Отсидев в лесу у реки так долго, я стала немного другой. Мне стало нравится писать карандашом, и разонравилось гелевой ручкой. А что такое запись, сделанная простым карандашем - недолговечная пометка, склонная исчезнуть, стереться, раствориться и быть сожженной в печке в силу её неважности. Мне стало гораздо легче и улыбательнее. Людей было мало, а по тем что были, сразу же было ясно кто они, и чего от них ждать.
Распугивала псов рычанием. Ночью смотрела на звёзды. Валяла. Приучила ораву соек и целую бездну прочей птичьей мелочи толкаться перед окнами и нагло требовать жратвы.

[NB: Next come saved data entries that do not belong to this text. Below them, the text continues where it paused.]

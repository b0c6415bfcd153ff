-- ===== src/Subscription/QuickStop.antt =====
-- A subscription of pubsuber/src/SubscriptionImpl.cpp that is stopped right after `Receive`.
use pubsuber.Base.{
  text, length, subst, sym, if◌then◌else◌, ◌≡◌, refl, ℕ, List, Bytes, Bool, true, false, Option,
  some, ◌&&◌,
}
use pubsuber.Double.{Float}
use pubsuber.Io.{plain, returned, threw, ◌>>=◌, After}
use pubsuber.Io.Rules.{Holds-bind, Holds-mono}
use pubsuber.Containers.{lookup}
use pubsuber.ThreadDataBlock.Turns.{turn, turn-quick_stop}
use pubsuber.Executor.{Puller, Executor, register, remove_iterator}
use pubsuber.Subscription.{Shared, receive, deactivate, stop}
use pubsuber.Subscription.Receiver.{Received, receive-Received}

module _ (fl : Float) (Callback : Type 0) where
  -- The callback is active on the pull thread after the thread's next turn.
  abbrev pub StillActive : Option Callback → Shared fl Callback → Shared fl Callback → Type 0
  StillActive cb s s' =
      (p : Puller fl Callback) × (cb ≡ some p.callback)
      × (lookup s.subscription.full_name (turn s'.executor.pull_thread).active_iterators ≡ some p)

  -- What `AddIterator` puts on the pull thread.
  abbrev puller : Callback → Shared fl Callback → Puller fl Callback
  puller callback s = record {
    iterator = record {
      subscription_name = s.subscription.full_name;
      max_message_prefetch = s.executor.max_prefetch;
    };
    callback = callback;
    ack_iterator = length s.executor.store;
  }

  still-active :
      (callback : Callback) (raw : List ℕ) (s : Shared fl Callback) (n : Bytes)
      (e : Executor fl Callback)
      → n ≡ s.subscription.full_name
      → e ≡ register fl Callback s.subscription.full_name callback raw s.executor
      → lookup s.subscription.full_name
          (turn (remove_iterator fl Callback n e).pull_thread).active_iterators
        ≡ some (puller callback s)
  unfolding register remove_iterator
  still-active callback raw s n e named registered =
      subst
        (λ n.
          lookup s.subscription.full_name
            (turn (remove_iterator fl Callback n e).pull_thread).active_iterators
          ≡ some (puller callback s))
        (sym named)
        (subst
          (λ e.
            lookup s.subscription.full_name
              (turn
                (remove_iterator fl Callback s.subscription.full_name
                  e).pull_thread).active_iterators
            ≡ some (puller callback s))
          (sym registered)
          (turn-quick_stop s.subscription.full_name (puller callback s) s.executor.pull_thread))

  stop-After :
      (cb : Option Callback) (raw : List ℕ) (s s' : Shared fl Callback)
      → Received fl Callback cb raw s s'
      → After
          (λ t s''. (s''.subscription.receiver_active ≡ false) × StillActive cb s s'')
          (λ e s''. Unit)
          (stop fl Callback s')
  unfolding stop
  stop-After cb raw s s' h = go (s'.alive && s'.subscription.receiver_active)
    where
      go :
          (b : Bool)
          → After
              (λ t s''. (s''.subscription.receiver_active ≡ false) × StillActive cb s s'')
              (λ e s''. Unit)
              (if b
                then returned tt (deactivate fl Callback s')
                else threw (plain (text "Executor object is not set")) s')
      go true =
          let (callback, given, registered) = h.5 in
          (
            refl,
            (
              puller callback s,
              given,
              still-active callback raw s s'.subscription.full_name s'.executor h.3 registered,
            ),
          )
      go false = tt

  -- A subscription that is stopped right after `Receive`, before the pull thread's next turn, is active
  -- on the pull thread after that turn: with the callback of `Receive`.
  pub receive-stop :
      (cb : Option Callback) (raw : List ℕ) (s : Shared fl Callback)
      → After
          (λ t s'. (s'.subscription.receiver_active ≡ false) × StillActive cb s s')
          (λ e s'. Unit)
          ((receive fl Callback cb raw >>= λ t. stop fl Callback) s)
  receive-stop cb raw s =
      Holds-bind _ _ _ (Unit {0}) (receive fl Callback cb raw) (λ t. stop fl Callback) s
        (Holds-mono _ (λ t s'. Received fl Callback cb raw s s') _ (λ e s'. Unit) (Unit {0})
          (receive fl Callback cb raw s) (receive-Received fl Callback cb raw s) (λ t s' h. h)
          (λ e s' h. tt))
        (λ t s' h. stop-After cb raw s s' h)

Встретилась со страшным и диким, ветренным Чудским озером, которое в медленном и грозном ритмичном танце пыталось вырваться из своей невероятной плоскости, выкатиться белыми заплетенными в водовороты бурунами на мёртвую осеннюю траву плоского берега. Встретилась, была забрызгана жесткими ледяными каплями, сорвавшимися с пенных волн, а велосипед едва не утонул в зыбучих прибрежных песках.

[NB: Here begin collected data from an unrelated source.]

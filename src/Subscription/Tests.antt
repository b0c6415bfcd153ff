-- ===== src/Subscription/Tests.antt =====
-- The theorems on pubsuber/src/SubscriptionImpl.cpp for a subscription that exists.
use pubsuber.Retriable.Meanings.{exists_meaning, create_meaning, delete_meaning}
use pubsuber.Subscription.{exists, create_subscription, delete}
use pubsuber.Subscription.Answers.{
  Decided, saved_deadline, same_deadline, subscription_calls-Decided,
}
use pubsuber.Base.{◌≡◌, ℕ, [], ◌∷◌, text, true, false, some}
use pubsuber.Double.{fixed_point}
use pubsuber.Io.{After, ◌>>=◌}
use pubsuber.ThreadDataBlock.{ThreadDataBlock}
use pubsuber.Subscription.{Shared, receive, stop}
use pubsuber.Subscription.Receiver.{Same, Received, receive-Received}
use pubsuber.Subscription.QuickStop.{StillActive, receive-stop}
use pubsuber.Examples.{two_retries, world_of, ok_answers, tick}

abbrev idle_block : {I : Type 0} → ThreadDataBlock I
idle_block = record {
  need_stop = false;
  input_iterators = [];
  removed_iterators = [];
  active_iterators = [];
}

-- Callbacks are numbers here.
abbrev shared : Shared fixed_point ℕ
shared = record {
  subscription = record {
    id = text "s";
    full_name = text "projects/p/subscriptions/s";
    ack_deadline = 0;
    receiver_active = false;
    policies = two_retries;
  };
  alive = true;
  executor = record {
    max_prefetch = 4;
    policies = two_retries;
    ack_thread = idle_block;
    pull_thread = idle_block;
    store = [];
  };
  world = world_of ok_answers tick;
}

receive-Received_example :
    After
      (λ t s'. Received fixed_point ℕ (some 7) (0 ∷ 0 ∷ []) shared s')
      (λ e s'. Same fixed_point ℕ shared s')
      (receive fixed_point ℕ (some 7) (0 ∷ 0 ∷ []) shared)
receive-Received_example = receive-Received fixed_point ℕ (some 7) (0 ∷ 0 ∷ []) shared

receive-stop_example :
    After
      (λ t s'.
        (s'.subscription.receiver_active ≡ false) × StillActive fixed_point ℕ (some 7) shared s')
      (λ e s'. Unit)
      ((receive fixed_point ℕ (some 7) (0 ∷ 0 ∷ []) >>= λ t. stop fixed_point ℕ) shared)
receive-stop_example = receive-stop fixed_point ℕ (some 7) (0 ∷ 0 ∷ []) shared

subscription_calls-Decided_example :
    Decided fixed_point ℕ exists_meaning saved_deadline shared (exists fixed_point ℕ shared)
    × Decided fixed_point ℕ create_meaning saved_deadline shared
        (create_subscription fixed_point ℕ (text "t") 20 shared)
    × Decided fixed_point ℕ delete_meaning same_deadline shared (delete fixed_point ℕ shared)
subscription_calls-Decided_example = subscription_calls-Decided fixed_point ℕ (text "t") 20 shared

Мы никому не нужны. Мы и себе не нужны. Тёмные мокрые посёлки нанизаны на серую нитку шоссе, а между ними - ветви, мхи, реки и ручьи, бесконечность наполненного мелким дождём воздуха, и зыбкая система лесных и полевых дорог и тропинок, забытых, пустых, зарастающих, с обрушившимися мостами. По ним так легко и прекрасно ехать, теряться, становиться ничем. Тогда слышно. И всё становится речью.